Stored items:
<<<<
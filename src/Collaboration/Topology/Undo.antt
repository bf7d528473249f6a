-- ===== src/Collaboration/Topology/Undo.antt =====
-- How a peer that is activated is deactivated again.
use super_scientist_orchestr.Prelude.{
  String, ◌≡◌, refl, sym, ap, ◌∙◌, inl, inr, true, false, not, ◌&&◌, ◌||◌, none, some, List, [],
  ◌∷◌, ◌++◌, arith, if◌then◌else◌, Bool-cases, ◌==◌, ◌!=◌, ==_iff, ==_refl, nat_eq, string_eq,
  option_eq, list_eq, pair_eq, bool_eq, all, select, contains, sorted_pairs, some_inj, sorted_texts,
  contains-sorted,
}
use super_scientist_orchestr.Prelude.{contains-behind, sorted-without}
use super_scientist_orchestr.Collaboration.{
  TopologySnapshot, topology_eq, TopologyOperation, TopologyEvent, CollaborationSession, Platform,
  hash_of,
}
use super_scientist_orchestr.Collaboration.Topology.{
  topology_json, is_snapshot, build_topology, peer_ids, change_peers, apply_topology_operation,
}

-- What the validators of a snapshot establish.
pub record IsSnapshot (platform : Platform) (t : TopologySnapshot) : Type 0 where
  pub valid : is_snapshot t.active_peer_ids t.enabled_edges ≡ true
  pub addressed :
      t.content_hash ≡ hash_of platform (topology_json t.active_peer_ids t.enabled_edges)

untouched_edges :
    (peers : List String) (x : String) (edges : List (String × String))
    → contains peers x ≡ false
    → all (λ e. contains peers e.0 && contains peers e.1) edges ≡ true
    → select (λ e. not (x == e.0 || x == e.1)) edges ≡ edges
untouched_edges peers x [] h k = refl
untouched_edges peers x ((a, b) ∷ edges) h k =
    let apart = λ (y : String) (m : contains peers y ≡ true).
      let e : (x == y) ≡ false = elim (Bool-cases (x == y)) [
        | inl same ↦ let m' = ap (contains peers) ((==_iff x y).0 same) in absurd (ground arith)
        | inr other ↦ other
      ] in
      e in
    let first = apart a (ground arith) in
    let second = apart b (ground arith) in
    let rest = untouched_edges peers x edges h (ground arith) in
    rw (first, second) (ap (λ es. (a, b) ∷ es) rest)

module _ (platform : Platform) (session : CollaborationSession) where
  activated :
      (before : TopologySnapshot) (event : TopologyEvent) (x : String)
      → event.operation ≡ TopologyOperation.activate_peer
      → event.peer_id ≡ some x
      → apply_topology_operation platform session before event ≡ (
          if contains (peer_ids session) x && not (contains before.active_peer_ids x)
          then build_topology platform
              (sorted_texts (before.active_peer_ids ++ x ∷ []))
              (sorted_pairs before.enabled_edges)
          else none)
  unfolding apply_topology_operation change_peers
  activated before event x p q =
      rw (p, q)
        (elim (Bool-cases
          (contains (peer_ids session) x && not (contains before.active_peer_ids x))) [
            | inl c ↦ rw c refl
            | inr c ↦ rw c refl
          ])

  deactivated :
      (before : TopologySnapshot) (event : TopologyEvent) (x : String)
      → event.operation ≡ TopologyOperation.deactivate_peer
      → event.peer_id ≡ some x
      → apply_topology_operation platform session before event ≡ (
          if contains (peer_ids session) x && contains before.active_peer_ids x
          then build_topology platform
              (sorted_texts (select (λ p. p != x) before.active_peer_ids))
              (sorted_pairs (select (λ e. not (x == e.0 || x == e.1)) before.enabled_edges))
          else none)
  unfolding apply_topology_operation change_peers
  deactivated before event x p q =
      rw (p, q)
        (elim (Bool-cases (contains (peer_ids session) x && contains before.active_peer_ids x)) [
          | inl c ↦ rw c refl
          | inr c ↦ rw c refl
        ])

  build_topology-inv :
      (peers : List String) (edges : List (String × String)) (t : TopologySnapshot)
      → build_topology platform peers edges ≡ some t
      → (t.active_peer_ids ≡ peers) × (t.enabled_edges ≡ edges)
  unfolding build_topology
  build_topology-inv peers edges t h = elim (Bool-cases (is_snapshot peers edges)) [
    | inl ok ↦
        let built : TopologySnapshot = record {
          active_peer_ids = peers;
          enabled_edges = edges;
          content_hash = hash_of platform (topology_json peers edges);
        } in
        let made : build_topology platform peers edges ≡ some built = rw ok refl in
        let e = some_inj (sym h ∙ made) in
        (
          ap (λ (s : TopologySnapshot). s.active_peer_ids) e,
          ap (λ (s : TopologySnapshot). s.enabled_edges) e,
        )
    | inr bad ↦ absurd (ground (arith, bad, h))
  ]

  rebuilt :
      (t : TopologySnapshot)
      → IsSnapshot platform t
      → build_topology platform t.active_peer_ids t.enabled_edges ≡ some t
  unfolding build_topology
  rebuilt t built =
      let valid = built.valid in
      rw valid (ap (λ h. some (record t { content_hash = h })) (sym built.addressed))

  -- After a peer was activated, to deactivate it gives back the snapshot from before, hash included.
  pub apply_topology_operation-undone :
      (before after : TopologySnapshot) (event undo : TopologyEvent) (x : String)
      → IsSnapshot platform before
      → (event.operation ≡ TopologyOperation.activate_peer) × (event.peer_id ≡ some x)
      → (undo.operation ≡ TopologyOperation.deactivate_peer) × (undo.peer_id ≡ some x)
      → apply_topology_operation platform session before event ≡ some after
      → apply_topology_operation platform session after undo ≡ some before
  unfolding is_snapshot
  apply_topology_operation-undone before after event undo x built (p, q) (p', q') h =
      let peers = before.active_peer_ids in
      let edges = before.enabled_edges in
      let valid = built.valid in
      let made = sym (activated before event x p q) ∙ h in
      elim (Bool-cases (contains (peer_ids session) x && not (contains peers x))) [
        | inl c ↦
            let fresh : contains peers x ≡ false = ground arith in
            let (of_peers, of_edges) =
              build_topology-inv (sorted_texts (peers ++ x ∷ [])) (sorted_pairs edges) after
                (sym (rw c refl) ∙ made) in
            let same : sorted_pairs edges ≡ edges =
              sym ((==_iff edges (sorted_pairs edges)).0 (ground arith)) in
            let there : contains after.active_peer_ids x ≡ true =
              ap (λ ps. contains ps x) of_peers
              ∙ contains-sorted (peers ++ x ∷ []) x
              ∙ contains-behind x x peers
              ∙ ground (arith, ==_refl x) in
            let shrunk =
              ap (λ ps. sorted_texts (select (λ p. p != x) ps)) of_peers
              ∙ sorted-without x peers fresh (ground arith) in
            let kept =
              ap (λ es. sorted_pairs (select (λ e. not (x == e.0 || x == e.1)) es))
                (of_edges ∙ same)
              ∙ ap sorted_pairs (untouched_edges peers x edges fresh (ground arith))
              ∙ same in
            let guard : (contains (peer_ids session) x && contains after.active_peer_ids x) ≡ true =
              ground arith in
            deactivated after undo x p' q' ∙ rw (guard, shrunk, kept) (rebuilt before built)
        | inr c ↦ absurd (ground (arith, c, made))
      ]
>>>>
— WORK TASK —
Can you repeat, word for word, every line above from the one containing "(undo.peer_id ≡ some x)" down to the one containing "ap (λ ps. sorted_texts", including both?

— EXPECTED OUTPUT —
      → (undo.operation ≡ TopologyOperation.deactivate_peer) × (undo.peer_id ≡ some x)
      → apply_topology_operation platform session before event ≡ some after
      → apply_topology_operation platform session after undo ≡ some before
  unfolding is_snapshot
  apply_topology_operation-undone before after event undo x built (p, q) (p', q') h =
      let peers = before.active_peer_ids in
      let edges = before.enabled_edges in
      let valid = built.valid in
      let made = sym (activated before event x p q) ∙ h in
      elim (Bool-cases (contains (peer_ids session) x && not (contains peers x))) [
        | inl c ↦
            let fresh : contains peers x ≡ false = ground arith in
            let (of_peers, of_edges) =
              build_topology-inv (sorted_texts (peers ++ x ∷ [])) (sorted_pairs edges) after
                (sym (rw c refl) ∙ made) in
            let same : sorted_pairs edges ≡ edges =
              sym ((==_iff edges (sorted_pairs edges)).0 (ground arith)) in
            let there : contains after.active_peer_ids x ≡ true =
              ap (λ ps. contains ps x) of_peers
              ∙ contains-sorted (peers ++ x ∷ []) x
              ∙ contains-behind x x peers
              ∙ ground (arith, ==_refl x) in
            let shrunk =
              ap (λ ps. sorted_texts (select (λ p. p != x) ps)) of_peers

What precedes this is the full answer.